If that succeeded, he, Garibaldi, could conquer Rome together with his king. The dictator of Naples thinks of Pallavicino as mediator on the delicate matter . He travels quickly to Naples and is not at all enthusiastic about his new job. Of course, the king does not respond to Garibaldi's bizarre request to dismiss Cavour. Viktor Emanuel's military victories in the Papal States have made the Garibaldi miracle somewhat forgotten in the public eye. In the battle of Castelfidardo , General Cialdini defeats the French troops defending the papal see. In addition, Cavour's supporters neglect little to reduce Garibaldi's victory over the Bourbons on the Volturno in its paramount importance for the unification of Italy. However, Cavour would like to come to an understanding with Garibaldi, "the man who did so much for Italy".

Bertani wants to go back to Genoa. In vain he asks Garibaldi to be released from his seat in Caserta . The dictator replied that whether he wanted to or not, he had to endure with the unreliable Neapolitans. The latter do not think of the liberation of Rome at all, but are only concerned with their personal gain. Garibaldi tells the confidante the contents of a letter that Victor Emanuel wrote to him. This shows that he and Garibaldi have lost his king's trust. Victor Emanuel would be under Cavour's influence.

Pallavicino speaks to the dictator with a message from Viktor Emanuel. If Garibaldi parted ways with Mazzini, Bertani and Crispi, an understanding might still be possible. But Garibaldi kept Mazzini in Naples and gave up the train to Rome, "because the Italian people don't want the republic, they want the monarchy".

On October 26, 1860, Garibaldi rode to escape his king. Fanti and Farini ride in Victor Emmanuel's wake. Ricarda Huch writes about the two confidants Cavours and the king: “... Her eyes were directed with haughty triumph on Garibaldi. Meanwhile Garibaldi only saw the king: he noticed a defiantly proud, dismissive expression on his face, which was at the same time embarrassed ... “Garibaldi is dismissed by the king and is allowed to go.

Victor Emanuel moves into Naples. Mazzini goes to England. Garibaldi cannot achieve anything with the king for his volunteer organizations stationed in Naples and leaves for Caprera.

When Garibaldi appears in Turin, the politicians there react nervously. Garibaldi had previously accepted a mandate from the city of Naples in the interests of his troops and was elected to the Neapolitan parliament. Cavour had expressed the reasonable view that the Pope should renounce secular rule. That remains a pious wish. As President of a session of Parliament in Turin, Baron Ricasoli attacks Garibaldi who is present. This resists and condemns the Italy policy of Cavour, who is also present. Cavour doesn't let that sit on him and brings out the level-headed statesman who thoroughly respects Garibaldi's contribution to the unity of Italy. With all Cavour's talk, Garibaldi does not give in.

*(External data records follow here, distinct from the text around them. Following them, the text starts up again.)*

-- ===== src/Prelude/Lists.antt =====
-- Lists measured and indexed by native numbers, under the library's names.
use Prim.Native.Nat.{ℕ, zero, suc, ◌+◌, ◌-◌, ◌≤◌, ◌<◌, min}
use mathlib.Core.Path.{◌≡◌, refl, ap, sym, ◌∙◌}
use mathlib.Core.Logic.{◌≢◌}
use mathlib.Core.List.{List, [], ◌∷◌, ◌++◌, map}
use mathlib.Core.Option.{Option, none, some}
use native.Mathlib.Omega.{arith}

module _ {ℓ} {A : Type ℓ} where
  abbrev pub length : List A → ℕ
  length [] = 0
  length (x ∷ xs) = suc (length xs)

  abbrev pub get_elem? : List A → ℕ → Option A
  get_elem? [] i = none
  get_elem? (x ∷ xs) zero = some x
  get_elem? (x ∷ xs) (suc i) = get_elem? xs i

  abbrev pub get_or : List A → ℕ → A → A
  get_or [] i d = d
  get_or (x ∷ xs) zero d = x
  get_or (x ∷ xs) (suc i) d = get_or xs i d

  -- A write out of bounds changes nothing.
  abbrev pub set : List A → ℕ → A → List A
  set [] i v = []
  set (x ∷ xs) zero v = v ∷ xs
  set (x ∷ xs) (suc i) v = x ∷ set xs i v

  abbrev pub take : ℕ → List A → List A
  take zero xs = []
  take (suc n) [] = []
  take (suc n) (x ∷ xs) = x ∷ take n xs

  abbrev pub drop : ℕ → List A → List A
  drop zero xs = xs
  drop (suc n) [] = []
  drop (suc n) (x ∷ xs) = drop n xs

  abbrev pub replicate : ℕ → A → List A
  replicate zero a = []
  replicate (suc n) a = a ∷ replicate n a

module _ {ℓ} {A : Type ℓ} where
  pub length-append : (xs ys : List A) → length (xs ++ ys) ≡ length xs + length ys
  length-append [] ys = omega arith
  length-append (x ∷ xs) ys = omega (arith, length-append xs ys)

  pub length-set : (xs : List A) (i : ℕ) (v : A) → length (set xs i v) ≡ length xs
  length-set [] i v = refl
  length-set (x ∷ xs) zero v = refl
  length-set (x ∷ xs) (suc i) v = ap suc (length-set xs i v)

  pub length-take : (n : ℕ) (xs : List A) → length (take n xs) ≡ min n (length xs)
  length-take zero xs = omega arith
  length-take (suc n) [] = omega arith
  length-take (suc n) (x ∷ xs) = omega (arith, length-take n xs)

  pub length-drop : (n : ℕ) (xs : List A) → length (drop n xs) ≡ length xs - n
  length-drop zero xs = omega arith
  length-drop (suc n) [] = omega arith
  length-drop (suc n) (x ∷ xs) = omega (arith, length-drop n xs)

  pub length-replicate : (n : ℕ) (a : A) → length (replicate n a) ≡ n
  length-replicate zero a = refl
  length-replicate (suc n) a = ap suc (length-replicate n a)

  pub take-append-drop : (n : ℕ) (xs : List A) → take n xs ++ drop n xs ≡ xs
  take-append-drop zero xs = refl
  take-append-drop (suc n) [] = refl
  take-append-drop (suc n) (x ∷ xs) = ap (◌∷◌ x) (take-append-drop n xs)

  pub get_or-set_self :
      (xs : List A) (i : ℕ) (v d : A) → i < length xs → get_or (set xs i v) i d ≡ v
  get_or-set_self [] i v d h = absurd (omega arith)
  get_or-set_self (x ∷ xs) zero v d h = refl
  get_or-set_self (x ∷ xs) (suc i) v d h = get_or-set_self xs i v d (omega arith)

  pub get_or-set_ne :
      (xs : List A) {i j : ℕ} (v d : A) → i ≢ j → get_or (set xs i v) j d ≡ get_or xs j d
  get_or-set_ne [] v d h = refl
  get_or-set_ne (x ∷ xs) {i = zero} {j = zero} v d h = absurd (h refl)
  get_or-set_ne (x ∷ xs) {i = zero} {j = suc j} v d h = refl
  get_or-set_ne (x ∷ xs) {i = suc i} {j = zero} v d h = refl
  get_or-set_ne (x ∷ xs) {i = suc i} {j = suc j} v d h = get_or-set_ne xs v d (λ e. h (ap suc e))

pub take-nil {ℓ} : (A : Type ℓ) (n : ℕ) → take {A = A} n [] ≡ []
take-nil A zero = refl
take-nil A (suc n) = refl

pub drop-nil {ℓ} : (A : Type ℓ) (n : ℕ) → drop {A = A} n [] ≡ []
drop-nil A zero = refl
drop-nil A (suc n) = refl

module _ {ℓ} {A : Type ℓ} where
  pub get_or-append_at :
      (pre xs : List A) (x d : A) {i : ℕ} → i ≡ length pre → get_or (pre ++ (x ∷ xs)) i d ≡ x
  get_or-append_at [] xs x d {i = zero} e = refl
  get_or-append_at [] xs x d {i = suc i} e = absurd (omega arith)
  get_or-append_at (y ∷ pre) xs x d {i = zero} e = absurd (omega arith)
  get_or-append_at (y ∷ pre) xs x d {i = suc i} e = get_or-append_at pre xs x d (omega arith)

  pub set-append_at :
      (pre xs : List A) (x v : A) {i : ℕ}
      → i ≡ length pre
      → set (pre ++ (x ∷ xs)) i v ≡ pre ++ (v ∷ xs)
  set-append_at [] xs x v {i = zero} e = refl
  set-append_at [] xs x v {i = suc i} e = absurd (omega arith)
  set-append_at (y ∷ pre) xs x v {i = zero} e = absurd (omega arith)
  set-append_at (y ∷ pre) xs x v {i = suc i} e = ap (◌∷◌ y) (set-append_at pre xs x v (omega arith))

  pub take-append_at : (xs ys : List A) {n : ℕ} → n ≡ length xs → take n (xs ++ ys) ≡ xs
  take-append_at [] ys {n = zero} e = refl
  take-append_at [] ys {n = suc n} e = absurd (omega arith)
  take-append_at (x ∷ xs) ys {n = zero} e = absurd (omega arith)
  take-append_at (x ∷ xs) ys {n = suc n} e = ap (◌∷◌ x) (take-append_at xs ys (omega arith))

  pub drop-append_at : (xs ys : List A) {n : ℕ} → n ≡ length xs → drop n (xs ++ ys) ≡ ys
  drop-append_at [] ys {n = zero} e = refl
  drop-append_at [] ys {n = suc n} e = absurd (omega arith)
  drop-append_at (x ∷ xs) ys {n = zero} e = absurd (omega arith)
  drop-append_at (x ∷ xs) ys {n = suc n} e = drop-append_at xs ys (omega arith)

  pub drop-drop : (m n : ℕ) (xs : List A) → drop n (drop m xs) ≡ drop (m + n) xs
  drop-drop zero n xs = ap (λ k. drop k xs) (omega arith)
  drop-drop (suc m) n [] = drop-nil A n ∙ sym (drop-nil A (suc m + n))
  drop-drop (suc m) n (x ∷ xs) =
      let e : suc m + n ≡ suc (m + n) = omega arith in rw e (drop-drop m n xs)

  -- Two ways to cut one list: the shorter first part begins the longer one.
  pub append-cut :
      (xs rest us vs : List A)
      → xs ++ rest ≡ us ++ vs
      → length us ≤ length xs
      → (xs ≡ us ++ drop (length us) xs) × (drop (length us) xs ++ rest ≡ vs)
  append-cut xs rest [] vs e h = (refl, e)
  append-cut [] rest (u ∷ us) vs e h = absurd (omega arith)
  append-cut (x ∷ xs) rest (u ∷ us) vs e h =
      let (p, q) = append-cut xs rest us vs (cc) (omega arith) in
      let same : x ≡ u = cc in (λ i. same i ∷ p i, q)

  pub drop_all : (n : ℕ) (xs : List A) → length xs ≤ n → drop n xs ≡ []
  drop_all zero [] h = refl
  drop_all zero (x ∷ xs) h = absurd (omega arith)
  drop_all (suc n) [] h = refl
  drop_all (suc n) (x ∷ xs) h = drop_all n xs (omega arith)

  pub append-cut_at :
      (xs rest us vs : List A) (n : ℕ)
      → xs ++ rest ≡ us ++ vs
      → length us ≡ n
      → n ≤ length xs
      → (xs ≡ us ++ drop n xs) × (drop n xs ++ rest ≡ vs)
  append-cut_at xs rest us vs n e m h = rw (← m) (append-cut xs rest us vs e (omega arith))

  pub drop-append : (n : ℕ) (xs ys : List A) → n ≤ length xs → drop n (xs ++ ys) ≡ drop n xs ++ ys
  drop-append zero xs ys h = refl
  drop-append (suc n) [] ys h = absurd (omega arith)
  drop-append (suc n) (x ∷ xs) ys h = drop-append n xs ys (omega arith)

module _ {ℓ κ} {A : Type ℓ} {B : Type κ} (f : A → B) where
  pub map-set_same :
      (xs : List A) (i : ℕ) {x : A} (y : A)
      → get_elem? xs i ≡ some x
      → f y ≡ f x
      → map f (set xs i y) ≡ map f xs
  map-set_same [] i y e h = refl
  map-set_same (x ∷ xs) zero {x = x'} y e h =
      let p : x ≡ x' = cc in ap (λ b. b ∷ map f xs) (h ∙ ap f (sym p))
  map-set_same (x ∷ xs) (suc i) y e h = ap (◌∷◌ (f x)) (map-set_same xs i y e h)

  pub get_elem?-map-some :
      (xs : List A) (i : ℕ) {x : A} → get_elem? xs i ≡ some x → get_elem? (map f xs) i ≡ some (f x)
  get_elem?-map-some [] i e = absurd (cc)
  get_elem?-map-some (x ∷ xs) zero {x = x'} e = let p : x ≡ x' = cc in ap (λ a. some (f a)) p
  get_elem?-map-some (x ∷ xs) (suc i) e = get_elem?-map-some xs i e

  pub get_elem?-map-none :
      (xs : List A) (i : ℕ) → get_elem? xs i ≡ none → get_elem? (map f xs) i ≡ none
  get_elem?-map-none [] i e = refl
  get_elem?-map-none (x ∷ xs) zero e = absurd (cc)
  get_elem?-map-none (x ∷ xs) (suc i) e = get_elem?-map-none xs i e

module _ {ℓ} {A : Type ℓ} where
  pub get_elem?-append :
      (xs ys : List A) (i : ℕ) {x : A} → get_elem? xs i ≡ some x → get_elem? (xs ++ ys) i ≡ some x
  get_elem?-append [] ys i e = absurd (cc)
  get_elem?-append (x ∷ xs) ys zero e = e
  get_elem?-append (x ∷ xs) ys (suc i) e = get_elem?-append xs ys i e

  pub get_elem?-append_last :
      (xs : List A) (x : A) → get_elem? (xs ++ (x ∷ [])) (length xs) ≡ some x
  get_elem?-append_last [] x = refl
  get_elem?-append_last (y ∷ xs) x = get_elem?-append_last xs x

module _ {ℓ} {A : Type ℓ} where
  pub get_elem?-set_self :
      (xs : List A) (i : ℕ) (y : A) → i < length xs → get_elem? (set xs i y) i ≡ some y
  get_elem?-set_self [] i y h = absurd (omega arith)
  get_elem?-set_self (x ∷ xs) zero y h = refl
  get_elem?-set_self (x ∷ xs) (suc i) y h = get_elem?-set_self xs i y (omega arith)

  pub get_elem?-set_ne :
      (xs : List A) (i j : ℕ) (y : A) → i ≢ j → get_elem? (set xs i y) j ≡ get_elem? xs j
  get_elem?-set_ne [] i j y h = refl
  get_elem?-set_ne (x ∷ xs) zero zero y h = absurd (h refl)
  get_elem?-set_ne (x ∷ xs) zero (suc j) y h = refl
  get_elem?-set_ne (x ∷ xs) (suc i) zero y h = refl
  get_elem?-set_ne (x ∷ xs) (suc i) (suc j) y h = get_elem?-set_ne xs i j y (λ e. h (ap suc e))

  pub get_elem?-append_lt :
      (xs ys : List A) (i : ℕ) → i < length xs → get_elem? (xs ++ ys) i ≡ get_elem? xs i
  get_elem?-append_lt [] ys i h = absurd (omega arith)
  get_elem?-append_lt (x ∷ xs) ys zero h = refl
  get_elem?-append_lt (x ∷ xs) ys (suc i) h = get_elem?-append_lt xs ys i (omega arith)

Cavour died on June 6, 1861 of a brain inflammation . Garibaldi on his small island of Caprera is a sought-after conversation partner for a wide variety of visitors. He does not accept the invitation to America. Garibaldi makes one - albeit unsuccessful - attempt in the eponymous battle for Rome , following the call of his followers: “We are yours! Take ourselves and our children! But take us to Rome! ”He lands back in Palermo. The crowd cheers: “Rome or death!” Baron Torrearsa cannot talk Garibaldi out of the hopeless venture. Garibaldi says: "You want to warn me that I was a sailor? ... For Garibaldi's sake ... no more battles should be fought between Italy and Italy." The last sentence of the saying actually turns out to be a program. On August 29, 1862, Garibaldi lost the battle of Aspromonte in southern Calabria - also because he avoided the fight against Italians by all means. Garibaldi is wounded and by the victors - that is, the soldiers of his king Viktor Emanuel - forcibly sent first to La Spezia and then to his small island in the north of Italy. There Ricarda Huch lets Garibaldi's dead fighters rise from the stormy sea: “He is ours! The scent of immortality permeated his flesh ... "

Quote

Garibaldi to Farini: "I am the revolution!"

Stories

While Giuseppe La Masa is only mentioned and Agesilao Milano is only mentioned in connection with his attempted assassination of the king on December 8, 1856 (the dictator wants to pay Milano's mother a pension), two young Northern Italian comrades-in-arms of Garibaldi - the writer Ippolito Nievo and the Painter Girolamo Induno - in an inn in Valtellina, her displeasure that her leader is moving the battlefield from Lombardy to Sicily.

Sitting on the beach of his small island Caprera, Garibaldi looks out to sea in the evening and commemorates the fighters Jacopo Ruffini , Ciro Menotti and Giuseppe Andreoli , who stood up to foreign rulers and lost their lives in the years 1822–1831.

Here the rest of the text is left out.